Negotiations with regional banks aim to fill funding gap as IMF holds back on assistance

The government anticipates that with these borrowings, the country’s reserves could increase to approximately $19-20bn (£14.3-15.1bn) by the end of the fiscal year (Photo: Ishara S Kodikara/AFP via Getty Images)

By: Eastern Eye

PAKISTAN, facing severe financial difficulties, is currently negotiating with banks in the Middle East to borrow around $4 billion (£3.02bn) to meet its external financial obligations for the current fiscal year.

This effort is part of the $7bn (£5.5bn) Extended Fund Facility (EFF) that is awaiting approval from the International Monetary Fund (IMF).

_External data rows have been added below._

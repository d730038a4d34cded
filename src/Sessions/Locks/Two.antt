-- ===== src/Sessions/Locks/Two.antt =====
-- `acquireTwo` of runtime/sessions/manager.go: the locks of two session IDs, the smaller ID first. A call
-- of it is a pair of threads, one for each lock, of which the second moves only while the first holds.
use serpe.Base.{
  ℕ, ◌≡◌, Bool, true, false, List, [], ◌∷◌, ◌++◌, ◌==◌, nat_eq, if◌then◌else◌, Bytes, bytes_eq,
  bytes_ltb,
}
use serpe.Sessions.Locks.{
  Manager, add_ref, set_token, release_ref, new_locks, Thread, outside, gone, waiting, holding,
  leaving,
}

-- The IDs in the order of the code, and what the call has of the lock of each.
pub record Pair : Type 0 where
  pub first : Bytes
  pub second : Bytes
  pub on_first : Thread
  pub on_second : Thread

abbrev pub pair : Bytes → Bytes → Thread → Thread → Pair
pair first second on_first on_second = record {
  first = first;
  second = second;
  on_first = on_first;
  on_second = on_second;
}

-- A call of `acquireTwo`. For one ID twice it is `acquire`, and there is no second lock.
unfoldable pub acquire_two : Bytes → Bytes → Pair
unfolding bytes_ltb
acquire_two first second =
    if first == second
    then pair first second outside gone
    else if bytes_ltb second first
    then pair second first outside outside
    else pair first second outside outside

-- A step that a call takes while its context is not done: first the locks in their order, then what the
-- returned function does, the locks in the opposite order.
pub data Turn : Manager → Pair → Manager → Pair → Type 0 where
  asks_first :
      (m : Manager) (x y : Bytes) (u : Thread)
      → Turn m (pair x y outside u) (add_ref x m).0 (pair x y (waiting x (add_ref x m).1) u)
  takes_first :
      (m : Manager) (x y i : Bytes) (a : ℕ) (u : Thread)
      → (m.heap a).token ≡ true
      → Turn m (pair x y (waiting i a) u) (set_token false a m) (pair x y (holding i a) u)
  asks_second :
      (m : Manager) (x y i : Bytes) (a : ℕ)
      → Turn m
          (pair x y (holding i a) outside)
          (add_ref y m).0
          (pair x y (holding i a) (waiting y (add_ref y m).1))
  takes_second :
      (m : Manager) (x y i j : Bytes) (a b : ℕ)
      → (m.heap b).token ≡ true
      → Turn m
          (pair x y (holding i a) (waiting j b))
          (set_token false b m)
          (pair x y (holding i a) (holding j b))
  gives_back_second :
      (m : Manager) (x y i j : Bytes) (a b : ℕ)
      → Turn m
          (pair x y (holding i a) (holding j b))
          (set_token true b m)
          (pair x y (holding i a) (leaving j b))
  leaves_second :
      (m : Manager) (x y i j : Bytes) (a b : ℕ)
      → Turn m
          (pair x y (holding i a) (leaving j b))
          (release_ref j b m)
          (pair x y (holding i a) gone)
  gives_back_first :
      (m : Manager) (x y i : Bytes) (a : ℕ)
      → Turn m (pair x y (holding i a) gone) (set_token true a m) (pair x y (leaving i a) gone)
  leaves_first :
      (m : Manager) (x y i : Bytes) (a : ℕ)
      → Turn m (pair x y (leaving i a) gone) (release_ref i a m) (pair x y gone gone)

-- A step that a call takes when its context is done: it fails, and gives back what it has.
pub data Cancelled : Manager → Pair → Manager → Pair → Type 0 where
  cancels_first :
      (m : Manager) (x y i : Bytes) (a : ℕ) (u : Thread)
      → Cancelled m (pair x y (waiting i a) u) (release_ref i a m) (pair x y gone u)
  cancels_second :
      (m : Manager) (x y i j : Bytes) (a b : ℕ)
      → Cancelled m
          (pair x y (holding i a) (waiting j b))
          (release_ref j b m)
          (pair x y (holding i a) gone)

-- The calls asked for, two IDs each.
abbrev pub acquire_all : List (Bytes × Bytes) → List Pair
acquire_all [] = []
acquire_all ((x, y) ∷ asked) = acquire_two x y ∷ acquire_all asked

-- What any interleaving of calls comes to.
pub data PairsReached : Manager → List Pair → Type 0 where
  asked : (ids : List (Bytes × Bytes)) → PairsReached new_locks (acquire_all ids)
  turned :
      {m m' : Manager} {p q : Pair} (before after : List Pair)
      → PairsReached m (before ++ p ∷ after)
      → Turn m p m' q
      → PairsReached m' (before ++ q ∷ after)
  cancelled :
      {m m' : Manager} {p q : Pair} (before after : List Pair)
      → PairsReached m (before ++ p ∷ after)
      → Cancelled m p m' q
      → PairsReached m' (before ++ q ∷ after)

-- A call that has asked for its first lock, and has not given it back.
abbrev pub is_inside : Pair → Bool
is_inside p = elim p.on_first [
  | outside ↦ false
  | gone ↦ false
  | waiting i a ↦ true
  | holding i a ↦ true
  | leaving i a ↦ true
]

On Thursday (22), finance minister Muhammad Aurangzeb and his team held a virtual meeting with Dr Adnan Chilwan, Group CEO of Dubai Islamic Bank, to discuss the country’s economic outlook and explore potential investment opportunities, according to the Dawn newspaper.

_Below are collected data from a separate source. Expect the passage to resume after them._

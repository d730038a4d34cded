-- ===== src/Sessions/Locks/Shape.antt =====
-- The order in which a call of `acquireTwo` of runtime/sessions/manager.go touches its locks.
use serpe.Base.{
  ◌≡◌, inl, inr, true, ◌==◌, nat_eq, ==_iff, Bytes, bytes_eq, bytes_ltb, bytes_ltb_total,
  Bool-cases,
}
use serpe.Sessions.Locks.{Manager, Thread, outside, gone, waiting, holding, leaving}
use serpe.Sessions.Locks.Two.{
  Pair, acquire_two, Turn, asks_first, takes_first, asks_second, takes_second, gives_back_second,
  leaves_second, gives_back_first, leaves_first, Cancelled, cancels_first, cancels_second,
}

-- The threads of a call: a second lock is touched only under the first, and has the larger ID.
abbrev pub Fit : Bytes → Thread → Thread → Type 0
Fit y outside outside = Unit
Fit y outside gone = Unit
Fit y (waiting i a) outside = bytes_ltb i y ≡ true
Fit y (waiting i a) gone = Unit
Fit y (holding i a) outside = bytes_ltb i y ≡ true
Fit y (holding i a) (waiting j b) = bytes_ltb i j ≡ true
Fit y (holding i a) (holding j b) = Unit
Fit y (holding i a) (leaving j b) = Unit
Fit y (holding i a) gone = Unit
Fit y (leaving i a) gone = Unit
Fit y gone outside = Unit
Fit y gone gone = Unit
Fit y _ _ = ⊥

-- A call that has not begun yet has its IDs in order.
abbrev Sorted : Bytes → Bytes → Thread → Thread → Type 0
Sorted x y outside outside = bytes_ltb x y ≡ true
Sorted x y _ _ = Unit

abbrev pub IsShaped : Pair → Type 0
IsShaped p = Fit p.second p.on_first p.on_second × Sorted p.first p.second p.on_first p.on_second

pub Turn-IsShaped : {m m' : Manager} {p q : Pair} → Turn m p m' q → IsShaped p → IsShaped q
Turn-IsShaped (asks_first m x y outside) s = (s.1, tt)
Turn-IsShaped (asks_first m x y gone) s = (tt, tt)
Turn-IsShaped (asks_first m x y (waiting i a)) s = absurd s.0
Turn-IsShaped (asks_first m x y (holding i a)) s = absurd s.0
Turn-IsShaped (asks_first m x y (leaving i a)) s = absurd s.0
Turn-IsShaped (takes_first m x y i a outside there) s = (s.0, tt)
Turn-IsShaped (takes_first m x y i a gone there) s = (tt, tt)
Turn-IsShaped (takes_first m x y i a (waiting j b) there) s = absurd s.0
Turn-IsShaped (takes_first m x y i a (holding j b) there) s = absurd s.0
Turn-IsShaped (takes_first m x y i a (leaving j b) there) s = absurd s.0
Turn-IsShaped (asks_second m x y i a) s = (s.0, tt)
Turn-IsShaped (takes_second m x y i j a b there) s = (tt, tt)
Turn-IsShaped (gives_back_second m x y i j a b) s = (tt, tt)
Turn-IsShaped (leaves_second m x y i j a b) s = (tt, tt)
Turn-IsShaped (gives_back_first m x y i a) s = (tt, tt)
Turn-IsShaped (leaves_first m x y i a) s = (tt, tt)

pub Cancelled-IsShaped :
    {m m' : Manager} {p q : Pair} → Cancelled m p m' q → IsShaped p → IsShaped q
Cancelled-IsShaped (cancels_first m x y i a outside) s = (tt, tt)
Cancelled-IsShaped (cancels_first m x y i a gone) s = (tt, tt)
Cancelled-IsShaped (cancels_first m x y i a (waiting j b)) s = absurd s.0
Cancelled-IsShaped (cancels_first m x y i a (holding j b)) s = absurd s.0
Cancelled-IsShaped (cancels_first m x y i a (leaving j b)) s = absurd s.0
Cancelled-IsShaped (cancels_second m x y i j a b) s = (tt, tt)

pub acquire_two-IsShaped : (x y : Bytes) → IsShaped (acquire_two x y)
unfolding acquire_two
acquire_two-IsShaped x y = elim (Bool-cases (x == y)) [
  | inl same ↦ rw (same, acquire_two) (tt, tt)
  | inr other ↦ elim (Bool-cases (bytes_ltb y x)) [
    | inl swapped ↦ rw (other, swapped, acquire_two) (tt, swapped)
    | inr sorted ↦ elim (Bool-cases (bytes_ltb x y)) [
      | inl less ↦ rw (other, sorted, acquire_two) (tt, less)
      | inr neither ↦ absurd (cc (other, (==_iff x y).1 (bytes_ltb_total x y neither sorted)))
    ]
  ]
]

Earlier, on Wednesday (21), a similar meeting took place with Ahmed Abdelaal, president and Group CEO of Mashreq Bank.

These discussions are part of Pakistan’s broader strategy to secure about $20bn (£15.1bn) in foreign loans, as outlined in the national budget for the current fiscal year. This includes an additional $3bn (£3.02bn) rollover from the UAE to help balance payments.

The government anticipates that with these borrowings, the country’s reserves could increase to approximately $19-20bn (£14.3-15.1bn) by the end of the fiscal year.

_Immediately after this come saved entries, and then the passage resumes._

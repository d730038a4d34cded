-- ===== src/Sessions/Locks/Turning.antt =====
-- When a call of `acquireTwo` in runtime/sessions/manager.go has a step to take.
use serpe.Base.{
  ℕ, suc, ◌+◌, ◌≤◌, ◌≡◌, refl, subst, ◌∙◌, ◌⊎◌, inl, inr, true, false, Option, none, some, nat_eq,
  ==_iff, Bytes, bytes_eq, bytes_ltb, Assoc, lookup, Option-cases, arith,
}
use serpe.Sessions.Locks.{Manager, Thread, outside, gone, waiting, holding, leaving}
use serpe.Sessions.Locks.Exclusive.{is_holding, Knows}
use serpe.Sessions.Locks.Two.{
  Pair, pair, Turn, takes_first, asks_second, takes_second, gives_back_second, leaves_second,
  gives_back_first, leaves_first, is_inside,
}
use serpe.Sessions.Locks.Shape.{Fit}

-- The steps that a thread has left, and a call: both locks are asked for, taken, given back and left.
abbrev left : Thread → ℕ
left outside = 4
left (waiting i a) = 3
left (holding i a) = 2
left (leaving i a) = 1
left gone = 0

abbrev pub steps_left : Pair → ℕ
steps_left p = left p.on_first + left p.on_second

-- A call that is inside and has a step to take, after which it has one less to take.
pub record GoesOn (m : Manager) (p : Pair) : Type 0 where
  pub inside : is_inside p ≡ true
  pub manager : Manager
  pub later : Pair
  pub turn : Turn m p manager later
  pub nearer : suc (steps_left later) ≡ steps_left p

abbrev goes :
    {m m' : Manager} {p q : Pair}
    → is_inside p ≡ true
    → Turn m p m' q
    → suc (steps_left q) ≡ steps_left p
    → GoesOn m p
goes {m} {m'} {p} {q} inside turn nearer = record {
  inside = inside;
  manager = m';
  later = q;
  turn = turn;
  nearer = nearer;
}

-- The ID that a thread waits for, and a call.
abbrev awaited : Thread → Option Bytes
awaited (waiting i a) = some i
awaited _ = none

abbrev pub awaited_by : Pair → Option Bytes
awaited_by p = elim (awaited p.on_first) [ none ↦ awaited p.on_second | some i ↦ some i ]

holding-GoesOn :
    (m : Manager) (x y i : Bytes) (a : ℕ) (u : Thread)
    → awaited u ≡ none
    → GoesOn m (pair x y (holding i a) u)
holding-GoesOn m x y i a outside h = goes refl (asks_second m x y i a) refl
holding-GoesOn m x y i a (waiting j b) h = absurd (cc (h))
holding-GoesOn m x y i a (holding j b) h = goes refl (gives_back_second m x y i j a b) refl
holding-GoesOn m x y i a (leaving j b) h = goes refl (leaves_second m x y i j a b) refl
holding-GoesOn m x y i a gone h = goes refl (gives_back_first m x y i a) refl

-- A call that waits for nothing goes on.
pub busy-GoesOn :
    (m : Manager) (x y : Bytes) (t u : Thread)
    → Fit y t u
    → is_inside (pair x y t u) ≡ true
    → awaited_by (pair x y t u) ≡ none
    → GoesOn m (pair x y t u)
busy-GoesOn m x y outside u fit inside h = absurd (cc (inside))
busy-GoesOn m x y gone u fit inside h = absurd (cc (inside))
busy-GoesOn m x y (waiting i a) u fit inside h = absurd (cc (h))
busy-GoesOn m x y (holding i a) u fit inside h = holding-GoesOn m x y i a u h
busy-GoesOn m x y (leaving i a) outside fit inside h = absurd fit
busy-GoesOn m x y (leaving i a) (waiting j b) fit inside h = absurd fit
busy-GoesOn m x y (leaving i a) (holding j b) fit inside h = absurd fit
busy-GoesOn m x y (leaving i a) (leaving j b) fit inside h = absurd fit
busy-GoesOn m x y (leaving i a) gone fit inside h = goes refl (leaves_first m x y i a) refl

-- The second lock is held or awaited only while the first is held.
only_under :
    (y k : Bytes) (t u : Thread)
    → Fit y t u
    → ((awaited u ≡ some k) ⊎ (1 ≤ is_holding k u))
    → (i : Bytes) × (a : ℕ) × (t ≡ holding i a)
only_under y k t outside fit (inl h) = absurd (cc (h))
only_under y k t outside fit (inr h) = absurd (omega (arith, h))
only_under y k t gone fit (inl h) = absurd (cc (h))
only_under y k t gone fit (inr h) = absurd (omega (arith, h))
only_under y k (holding i a) u fit h = (i, a, refl)
only_under y k outside (waiting j b) fit h = absurd fit
only_under y k outside (holding j b) fit h = absurd fit
only_under y k outside (leaving j b) fit h = absurd fit
only_under y k gone (waiting j b) fit h = absurd fit
only_under y k gone (holding j b) fit h = absurd fit
only_under y k gone (leaving j b) fit h = absurd fit
only_under y k (waiting i a) (waiting j b) fit h = absurd fit
only_under y k (waiting i a) (holding j b) fit h = absurd fit
only_under y k (waiting i a) (leaving j b) fit h = absurd fit
only_under y k (leaving i a) (waiting j b) fit h = absurd fit
only_under y k (leaving i a) (holding j b) fit h = absurd fit
only_under y k (leaving i a) (leaving j b) fit h = absurd fit

-- A call that has a lock goes on, unless it waits for one with a larger ID.
pub holder-GoesOn :
    (m : Manager) (x y k : Bytes) (t u : Thread)
    → Fit y t u
    → 1 ≤ is_holding k t + is_holding k u
    → ((j : Bytes) → awaited_by (pair x y t u) ≡ some j → bytes_ltb k j ≡ false)
    → GoesOn m (pair x y t u)
holder-GoesOn m x y k (holding i a) outside fit held below = holding-GoesOn m x y i a outside refl
holder-GoesOn m x y k (holding i a) (waiting j b) fit held below =
    let same : i ≡ k = ground (arith, held, ==_iff i k) in absurd (cc (below j refl, fit, same))
holder-GoesOn m x y k (holding i a) (holding j b) fit held below =
    holding-GoesOn m x y i a (holding j b) refl
holder-GoesOn m x y k (holding i a) (leaving j b) fit held below =
    holding-GoesOn m x y i a (leaving j b) refl
holder-GoesOn m x y k (holding i a) gone fit held below = holding-GoesOn m x y i a gone refl
holder-GoesOn m x y k outside u fit held below =
    let (i, a, e) = only_under y k outside u fit (inr (omega (arith, held))) in absurd (cc (e))
holder-GoesOn m x y k gone u fit held below =
    let (i, a, e) = only_under y k gone u fit (inr (omega (arith, held))) in absurd (cc (e))
holder-GoesOn m x y k (waiting j b) u fit held below =
    let (i, a, e) = only_under y k (waiting j b) u fit (inr (omega (arith, held))) in
    absurd (cc (e))
holder-GoesOn m x y k (leaving j b) u fit held below =
    let (i, a, e) = only_under y k (leaving j b) u fit (inr (omega (arith, held))) in
    absurd (cc (e))

-- The lock that a thread waits for is in the map.
thread_lock :
    (locks : Assoc Bytes ℕ) (k : Bytes) (t : Thread)
    → awaited t ≡ some k
    → Knows locks t
    → (a : ℕ) × (lookup k locks ≡ some a)
thread_lock locks k outside h knows = absurd (cc (h))
thread_lock locks k gone h knows = absurd (cc (h))
thread_lock locks k (waiting i a) h knows =
    let same : i ≡ k = cc (h) in (a, subst (λ j. lookup j locks ≡ some a) same knows)
thread_lock locks k (holding i a) h knows = absurd (cc (h))
thread_lock locks k (leaving i a) h knows = absurd (cc (h))

pub awaited_lock :
    (locks : Assoc Bytes ℕ) (k : Bytes) (p : Pair)
    → awaited_by p ≡ some k
    → Knows locks p.on_first × Knows locks p.on_second
    → (a : ℕ) × (lookup k locks ≡ some a)
awaited_lock locks k p h knows = elim (Option-cases (awaited p.on_first)) [
  | inl idle ↦ thread_lock locks k p.on_second (rw (idle, awaited_by) at h) knows.1
  | inr (i, waits) ↦ thread_lock locks k p.on_first (waits ∙ rw (waits, awaited_by) at h) knows.0
]

-- A call goes on when the token of the lock that it waits for is there.
pub waiter-GoesOn :
    (m : Manager) (x y k : Bytes) (t u : Thread)
    → Fit y t u
    → awaited_by (pair x y t u) ≡ some k
    → Knows m.locks t × Knows m.locks u
    → ((a : ℕ) → lookup k m.locks ≡ some a → (m.heap a).token ≡ true)
    → GoesOn m (pair x y t u)
waiter-GoesOn m x y k (waiting i a) u fit h knows there =
    let same : i ≡ k = cc (h) in
    goes refl
      (takes_first m x y i a u (there a (subst (λ j. lookup j m.locks ≡ some a) same knows.0)))
      (omega arith)
waiter-GoesOn m x y k (holding i a) outside fit h knows there = absurd (cc (h))
waiter-GoesOn m x y k (holding i a) (waiting j b) fit h knows there =
    let same : j ≡ k = cc (h) in
    goes refl
      (takes_second m x y i j a b (there b (subst (λ l. lookup l m.locks ≡ some b) same knows.1)))
      refl
waiter-GoesOn m x y k (holding i a) (holding j b) fit h knows there = absurd (cc (h))
waiter-GoesOn m x y k (holding i a) (leaving j b) fit h knows there = absurd (cc (h))
waiter-GoesOn m x y k (holding i a) gone fit h knows there = absurd (cc (h))
waiter-GoesOn m x y k outside u fit h knows there =
    let (i, a, e) = only_under y k outside u fit (inl h) in absurd (cc (e))
waiter-GoesOn m x y k gone u fit h knows there =
    let (i, a, e) = only_under y k gone u fit (inl h) in absurd (cc (e))
waiter-GoesOn m x y k (leaving j b) u fit h knows there =
    let (i, a, e) = only_under y k (leaving j b) u fit (inl h) in absurd (cc (e))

Meanwhile, The Express Tribune reported that Pakistan has started to seek commercial loans from Middle Eastern banks to cover its external financing gap after the IMF postponed its approval of the $7bn (£5.5bn) EFF.

This delay came because Pakistan failed to secure an extra $2bn (£1.5bn) in financing and a rollover of $12bn (£9.07bn) in cash deposits from Saudi Arabia, China, and the UAE. The finance minister remains hopeful that the IMF will approve the new EFF next month.

Pakistan has also intensified its engagement with foreign commercial banks, though high financing costs and a low credit rating from international agencies remain significant hurdles.

Pakistan’s current credit rating stands at CCC+, which is below investment grade, leading to higher interest rate demands from commercial banks.

Meanwhile, on Thursday, the Ministry of Finance and the State Bank of Pakistan (SBP) briefed the Senate Standing Committee on Economic Affairs about Pakistan’s engagements with the IMF since 1958.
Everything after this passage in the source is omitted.